Next, the onscreen TV guide is sluggish beyond comprehension. DVD players are similarly sluggish too though. I suppose a 2+ second wait is reasonable for most people? It certainly isn't for me.
Then, when it turns midnight, it takes a half hour to update the time in the onscreen TV guide...
I remember YEARS ago when I was a kid and changing the channel was INSTANTANEOUS! Turning now is like waiting for the next ice age.-Renegade
Welcome to the digital age! The TV now has to sync itself with the digital packets that are sent, decide which is a better signal if it's received via multipath, etc, etc. Instead of the good old analogue days where the signal was 'just there' and the poor old TV had nothing much to do except turn it into a moving picture, (along with any ghosts).
Now days there's error correction, "don't let anyone record this" broadcast flags, 7+ day EPG and probably a whole lot more the TV has to decipher. The EPG is updated as the data is sent, (unless you happen to have a TV that can store it all in memory for
all channels as it's received). I'd liken it to Teletext in the analogue era - to see it updated you'd have to wait until that particular page was sent again in the cycle.
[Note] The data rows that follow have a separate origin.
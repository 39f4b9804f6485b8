-- ===== src/Api/Effects.antt =====
-- What the handlers of src/api/handlers.rs do to the registry, however they end.
use tei_manager.Base.{
  ℕ, ◌≡◌, ◌≢◌, ◌⊎◌, inl, inr, refl, sym, ap, subst, ◌∙◌, String, Bool, true, false, none, some,
  arith, Result, ok, err, Option-cases,
}
use tei_manager.Base.Dict.{lookup, erase}
use tei_manager.Config.{Timestamp}
use tei_manager.Instance.{ProcessManager, TeiInstance, AnyError}
use tei_manager.Instance
use tei_manager.Errors.{TeiError}
use tei_manager.Registry.{Registry, RegistryError, add, get, take_out}
use tei_manager.Registry.Moves.{Moved, view, Kept, Created, Gone, AddView, add-AddView, erase-Gone}
use tei_manager.Registry.World.{World, remove}
use tei_manager.Registry.World.Addition.{add_instance-registry}
use tei_manager.Api.{
  CreateInstanceRequest, AppState, GpuInfo, Handler, config_of, check_gpu, create_instance,
  delete_instance, start_instance, stop_instance, restart_instance,
}
use tei_manager.Api.Handlers.{check_gpu-state}

-- A handler's effect on the registry.
abbrev MovedBy : {P A : Type 0} → Handler P A → AppState P → Type 0
MovedBy handler s = Moved s.world.registry (handler s).1.world.registry

abbrev pub is_ok : {E A : Type 0} → Result E A → Bool
is_ok (ok _) = true
is_ok (err _) = false

module _ {P : Type 0} (pm : ProcessManager P) where
  -- A removal finds no such name, and says so, or takes the name out.
  remove-registry :
      (name : String) (w : World P)
      → ((lookup name w.registry.instances ≡ none)
          × ((remove pm name w).1.registry ≡ w.registry)
          × (is_ok (remove pm name w).0 ≡ false))
        ⊎ ((lookup name w.registry.instances ≢ none)
            × ((remove pm name w).1.registry ≡ record w.registry {
              instances = erase name w.registry.instances;
              events = (remove pm name w).1.registry.events;
            }))
  unfolding remove take_out
  remove-registry name w = elim (Option-cases (lookup name w.registry.instances)) [
    | inl e ↦ inl (e, ground (arith, e), ground (arith, e))
    | inr (i, e) ↦
        inr ((λ k. ground (arith, e, k)), stopped i e (Instance.stop pm i w.runtime) refl)
  ]
    where
      stopped :
          (i : TeiInstance) (e : lookup name w.registry.instances ≡ some i)
          (r : Result AnyError (Unit {0}) × _)
          → Instance.stop pm i w.runtime ≡ r
          → (remove pm name w).1.registry ≡ record w.registry {
            instances = erase name w.registry.instances;
            events = (remove pm name w).1.registry.events;
          }
      stopped i e (ok u, r) k = ground (arith, e, k)
      stopped i e (err x, r) k = ground (arith, e, k)

  module _ (now : Timestamp) where
    -- A creation is refused before the registry is asked, or leaves it as `add` does, and is refused
    -- where `add` refuses.
    pub create_instance-registry :
        (free : ℕ → Bool) (gpus : GpuInfo) (req : CreateInstanceRequest) (s : AppState P)
        → let (answer, s') = create_instance pm now free gpus req s in
          let (res, r') = add free (config_of now req) s.world.registry in
          ((s'.world.registry ≡ s.world.registry) × (is_ok answer ≡ false))
          ⊎ ((s'.world.registry ≡ r') × (is_ok res ≡ false → is_ok answer ≡ false))
    unfolding create_instance
    create_instance-registry free gpus req s = by_gpu (check_gpu gpus req.gpu_id s).0 refl
      where
        Goal : Type 0
        Goal =
            let (answer, s') = create_instance pm now free gpus req s in
            let (res, r') = add free (config_of now req) s.world.registry in
            ((s'.world.registry ≡ s.world.registry) × (is_ok answer ≡ false))
            ⊎ ((s'.world.registry ≡ r') × (is_ok res ≡ false → is_ok answer ≡ false))

        by_gpu : (r : Result TeiError (Unit {0})) → (check_gpu gpus req.gpu_id s).0 ≡ r → Goal
        by_gpu (err e) k = inl (ground (arith, k, check_gpu-state gpus req.gpu_id s))
        by_gpu (ok u) k =
            let added = add_instance-registry free (config_of now req) s.world in
            let same = check_gpu-state gpus req.gpu_id s in
            inr (ground (arith, k, same, added), λ h. ground (arith, k, same, added, h))

    pub create_instance-Moved :
        (free : ℕ → Bool) (gpus : GpuInfo) (req : CreateInstanceRequest) (s : AppState P)
        → MovedBy (create_instance pm now free gpus req) s
    create_instance-Moved free gpus req s = elim (create_instance-registry free gpus req s) [
      | inl (same, _) ↦ inl same
      | inr (same, _) ↦ inr (inl (free, config_of now req, same))
    ]

    delete_instance-world :
        (name : String) (s : AppState P)
        → ((delete_instance pm now name s).1.world.registry ≡ (remove pm name s.world).1.registry)
          × (is_ok (delete_instance pm now name s).0 ≡ is_ok (remove pm name s.world).0)
    unfolding delete_instance
    delete_instance-world name s = ground arith

    pub delete_instance-Moved :
        (name : String) (s : AppState P) → MovedBy (delete_instance pm now name) s
    delete_instance-Moved name s =
        let (same, _) = delete_instance-world name s in
        subst (λ r. Moved s.world.registry r) (sym same)
          (elim (remove-registry name s.world) [
            | inl (_, kept, _) ↦ inl kept
            | inr (_, e) ↦ inr (inr (inl (name, e)))
          ])

    pub start_instance-registry :
        (name : String) (s : AppState P)
        → (start_instance pm now name s).1.world.registry ≡ s.world.registry
    unfolding start_instance
    start_instance-registry name s = ground arith

    pub stop_instance-registry :
        (name : String) (s : AppState P)
        → (stop_instance pm now name s).1.world.registry ≡ s.world.registry
    unfolding stop_instance
    stop_instance-registry name s = ground arith

    pub restart_instance-registry :
        (name : String) (s : AppState P)
        → (restart_instance pm now name s).1.world.registry ≡ s.world.registry
    unfolding restart_instance
    restart_instance-registry name s = ground arith

    -- A deletion is a removal, whose failures are all answered alike.
    pub delete_instance-remove :
        (name : String) (s : AppState P)
        → ((delete_instance pm now name s).1.world ≡ (remove pm name s.world).1)
          × ((delete_instance pm now name s).0 ≡ ok tt → (remove pm name s.world).0 ≡ ok tt)
    unfolding delete_instance
    delete_instance-remove name s = (ground arith, λ h. ground (arith, h))

    -- What the two handlers that change the registry do to the instances by name: a creation that is
    -- answered with success adds the instance, one that fails adds it or does nothing.
    pub create_instance-view :
        (free : ℕ → Bool) (gpus : GpuInfo) (req : CreateInstanceRequest) (s : AppState P)
        → let (answer, s') = create_instance pm now free gpus req s in
          Created (config_of now req) (view s.world.registry) (view s'.world.registry)
          ⊎ (Kept (view s.world.registry) (view s'.world.registry) × (is_ok answer ≡ false))
    create_instance-view free gpus req s = elim (create_instance-registry free gpus req s) [
      | inl (same, refused) ↦ inr (λ name. ap (λ r. view r name) same, refused)
      | inr (same, refuses) ↦
          by_add (add free (config_of now req) s.world.registry)
            (add-AddView free (config_of now req) s.world.registry) same refuses
    ]
      where
        by_add :
            (res : Result RegistryError TeiInstance × Registry)
            → AddView (config_of now req) (view s.world.registry) res
            → (create_instance pm now free gpus req s).1.world.registry ≡ res.1
            → (is_ok res.0 ≡ false → is_ok (create_instance pm now free gpus req s).0 ≡ false)
            → Created
                (config_of now req)
                (view s.world.registry)
                (view (create_instance pm now free gpus req s).1.world.registry)
              ⊎ (Kept
                    (view s.world.registry)
                    (view (create_instance pm now free gpus req s).1.world.registry)
                  × (is_ok (create_instance pm now free gpus req s).0 ≡ false))
        by_add (ok i, r') a same refuses =
            inl (
              subst (λ r. Created (config_of now req) (view s.world.registry) (view r)) (sym same)
                a)
        by_add (err e, r') a same refuses =
            inr (subst (λ r. Kept (view s.world.registry) (view r)) (sym same) a, refuses refl)

    -- A deletion ends its name, and is answered with success only where that was there.
    pub delete_instance-view :
        (name : String) (s : AppState P)
        → let (answer, s') = delete_instance pm now name s in
          Gone name (view s.world.registry) (view s'.world.registry)
          × (view s.world.registry name ≡ none → is_ok answer ≡ false)
    unfolding get
    delete_instance-view name s =
        let (same, alike) = delete_instance-world name s in
        elim (remove-registry name s.world) [
          | inl (unknown, kept, refused) ↦ (
            record {
              ended = ap (λ r. get name r) (same ∙ kept) ∙ unknown;
              others = λ other ne. ap (λ r. get other r) (same ∙ kept);
            },
            λ h. alike ∙ refused,
          )
          | inr (known, e) ↦ (
            erase-Gone name s.world.registry (delete_instance pm now name s).1.world.registry
                (ap (λ r. r.instances) (same ∙ e)),
            λ h. absurd (known h),
          )
        ]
And even then it depends on how diligent the TV programmers are - in Australia they are atrocious.
I can't say I've ever noticed the clock being 30 minutes late at midnight though, then again I've never been staring at the guide at midnight, (or watching the TV for that matter).
Finally, the best thing on the tube is Jerry Springer with "You slept with my baby's daddy".
You're wrong - the best thing on a TV is the
Off button. I watch only two things on the TV 'live' - SBS World News, (the bit before all the sports crap), and Dr Who, (and only because it's on the ABC, ie. no ads); the only other thing I watch recorded is the WRC.
Most set-top boxes, for example, have a switching power outlet in the back so that when you turn on the box the TV comes on as well automatically.-Innuendo
Most STBs
here are too small to incorporate a switched mains output - I've yet to see one. Plus almost all TVs I've seen go to standby when power is applied, (as I would have thought be required under 'Green' design/laws/legislation/etc).